Он говорил, но она не глядела на него, давно не глядела, она была вся там.
— Я сделала шаг, как вдруг Антоша исчез за дверью. Я побежала на кухню и увидела маму. Она лежала, на лице кровь — вдруг губы шевельнулись. Я наклонилась над ней и сказала: «Боже мой! Потерпи, я сейчас врача…» — «Не надо, я умираю, прости, и я прощаю тебя». Она говорила почти неслышно, с трудом, а глаза как будто подернуты пленкой. И она сказала… — Соня словно задумалась, опершись подбородком о ладонь, подняла голову, глядя прямо в глаза Егору. — Я не стану говорить.
— Я прошу тебя!
— Нет.
— Соня, я не виноват.
— Ах, не виноват! Так слушай. Она сказала: «Твой жених убийца. Но никто не должен об этом знать. Поклянись!» Я поклялась, я ничего не соображала.
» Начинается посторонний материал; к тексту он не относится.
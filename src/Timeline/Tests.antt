-- ===== src/Timeline/Tests.antt =====
-- A timeline with an optimistic row, and the theorems at it (priv/ui/js/timeline.js).
use wiregrid.Base.{
  ◌⊎◌, List, ◌≤◌, ◌≡◌, refl, ap, ◌≢◌, ◌↔◌, String, none, some, [], ◌∷◌, arith, true, false, length,
  String_discrete,
}
use wiregrid.Base.JsMap.{get}
use wiregrid.Timeline.Types.{
  positive, Child, Node, row, other, Message, Layout, returned, thrown, Timeline,
}
use wiregrid.Timeline.Dom.{rows}
use wiregrid.Timeline.Index.{create}
use wiregrid.Timeline.Ops.{render, upsert, remove}
use wiregrid.Timeline.Inv.{HasInv}
use wiregrid.Timeline.Starting.{create-HasInv}
use wiregrid.Timeline.Eviction.{remove-Row}
use wiregrid.Timeline.Runs.{
  Operation, upserted, removed, cleared, torn_down, operate_all, torn, Alive, Dead, Fresh, FreshAt,
  operate_all-Whole,
}
use wiregrid.Timeline.Index.{same_text}
use wiregrid.Timeline.Rows.{rename_all}
use wiregrid.Timeline.Upserts.{upsert-Row}

abbrev optimistic : Node String
optimistic = record { ref = 1; message_id = "local"; nonce = some "n1"; content = "hello" }

abbrev screen : Layout String
screen = record { scroll_height = length; client_height = 0; renders = λ m. true }

abbrev one_row : Timeline String
one_row = record {
  limit = 2;
  auto_scroll = true;
  children = other 7 ∷ row optimistic ∷ [];
  scroll_top = 0;
  role = some "log";
  aria_live = some "polite";
  previous_role = none;
  previous_live = none;
  messages = ("local", optimistic) ∷ [];
  nonces = ("n1", "local") ∷ [];
  destroyed = false;
  next_ref = 2;
}

one_row-HasInv : HasInv one_row
unfolding rows get String_discrete
one_row-HasInv = record {
  indexed = refl;
  ids = (tt, tt);
  refs = (tt, tt);
  older = (omega arith, tt);
  linked = λ q j h. elim (String_discrete "n1" q) [
    | yes p ↦ let same : "local" ≡ j = ground arith in (optimistic, rw (← same) refl, ap some p)
    | no p ↦ absurd (ground arith)
  ];
}

abbrev delivered : Message String
delivered = record { id = some "m1"; nonce = some "n1"; content = "hello" }

upsert-Row_example :
    (t' : Timeline String) × HasInv t'
    × (((true ≡ true)
          × (upsert screen "uid" delivered one_row ≡ returned t')
          × (t'.messages ≡ ("m1", render delivered "uid" 2) ∷ [])
          × (length t'.messages ≤ 2))
        ⊎ ((true ≡ false)
            × (upsert screen "uid" delivered one_row ≡ thrown t')
            × (t'.messages ≡ one_row.messages)))
unfolding get String_discrete rename_all same_text render
upsert-Row_example =
    upsert-Row screen "uid" delivered one_row one_row-HasInv refl (λ e. absurd (ground arith))

remove-Row_example :
    HasInv (remove "local" one_row).0
    × (get String_discrete "local" (remove "local" one_row).0.messages ≡ none)
    × (((remove "local" one_row).1 ≡ false) ↔ (get String_discrete "local" one_row.messages ≡ none))
    × ((other_id : String)
        → other_id ≢ "local"
        → get String_discrete other_id (remove "local" one_row).0.messages
          ≡ get String_discrete other_id one_row.messages)
remove-Row_example = remove-Row "local" one_row one_row-HasInv

-- The server rendered one message twice.
abbrev again : Node String
again = record { ref = 0; message_id = "local"; nonce = none; content = "hello" }

abbrev rendered : List (Child String)
rendered = row again ∷ other 7 ∷ row optimistic ∷ []

create-HasInv_example :
    HasInv (create (positive 2) true rendered none none 0 2)
    × (1 ≤ (create (positive 2) true rendered none none 0 2).limit)
    × ((create (positive 2) true rendered none none 0 2).limit ≤ 20000)
    × (length (rows (create (positive 2) true rendered none none 0 2).children)
        ≤ (create (positive 2) true rendered none none 0 2).limit)
unfolding rows
create-HasInv_example =
    create-HasInv (positive 2) true rendered none none 0 2 (((λ e. omega arith), tt), (tt, tt))
      (omega arith, (omega arith, tt))

abbrev calls : List (Operation String)
calls = upserted "uid" delivered ∷ removed "local" ∷ cleared ∷ torn_down ∷ []

calls-Fresh : Fresh screen calls (create (positive 2) true rendered none none 0 2)
calls-Fresh = ((λ e. absurd (ground arith)), (tt, (tt, (tt, tt))))

operate_all-Whole_example :
    let t = operate_all screen calls (create (positive 2) true rendered none none 0 2) in
    (torn calls ≡ false
      → Alive t
        × ((uid : String) (message : Message String)
            → FreshAt (upserted uid message) t
            → (t' : Timeline String) × (upsert screen uid message t ≡ returned t')))
    × (torn calls ≡ true
        → Dead t
          × ((uid : String) (message : Message String) → upsert screen uid message t ≡ thrown t))
unfolding rows
operate_all-Whole_example =
    operate_all-Whole screen (positive 2) true rendered none none 0 2 calls
      (((λ e. omega arith), tt), (tt, tt)) (omega arith, (omega arith, tt)) calls-Fresh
Егор чувствовал на себе тяжесть чужих глаз, чужих душ — соединенных отрицательных энергий, окружающих плотным охотничьим кольцом: «Ату его!» И Морг процедил злорадно: «Алиби-то, выходит, липовое!» Но она сказала, опередив Серафиму Ивановну:
— Я всегда знала, что ты убийца, но не верила.
— Знала и не верила?
«Да, да, это так, — думал он, — и я знал, арифметически знал, что ты жила регулярной половой жизнью, — и не верил».
— Да, — ответила она пылко и смело. — Мама сказала: «Ты беги… далеко, чтоб никто тебя не видел». И еще — последнее: «Надо мною ангел смеется». Она умерла, я подбежала к окну, ты стоял и смотрел на меня, веселый. Я сразу нарушила клятву и крикнула: «Убийца!» Потому что, — глаза ее утратили блеск, она все время колебалась между верой и неверием, — потому что ты, убийца, стоял спокойно…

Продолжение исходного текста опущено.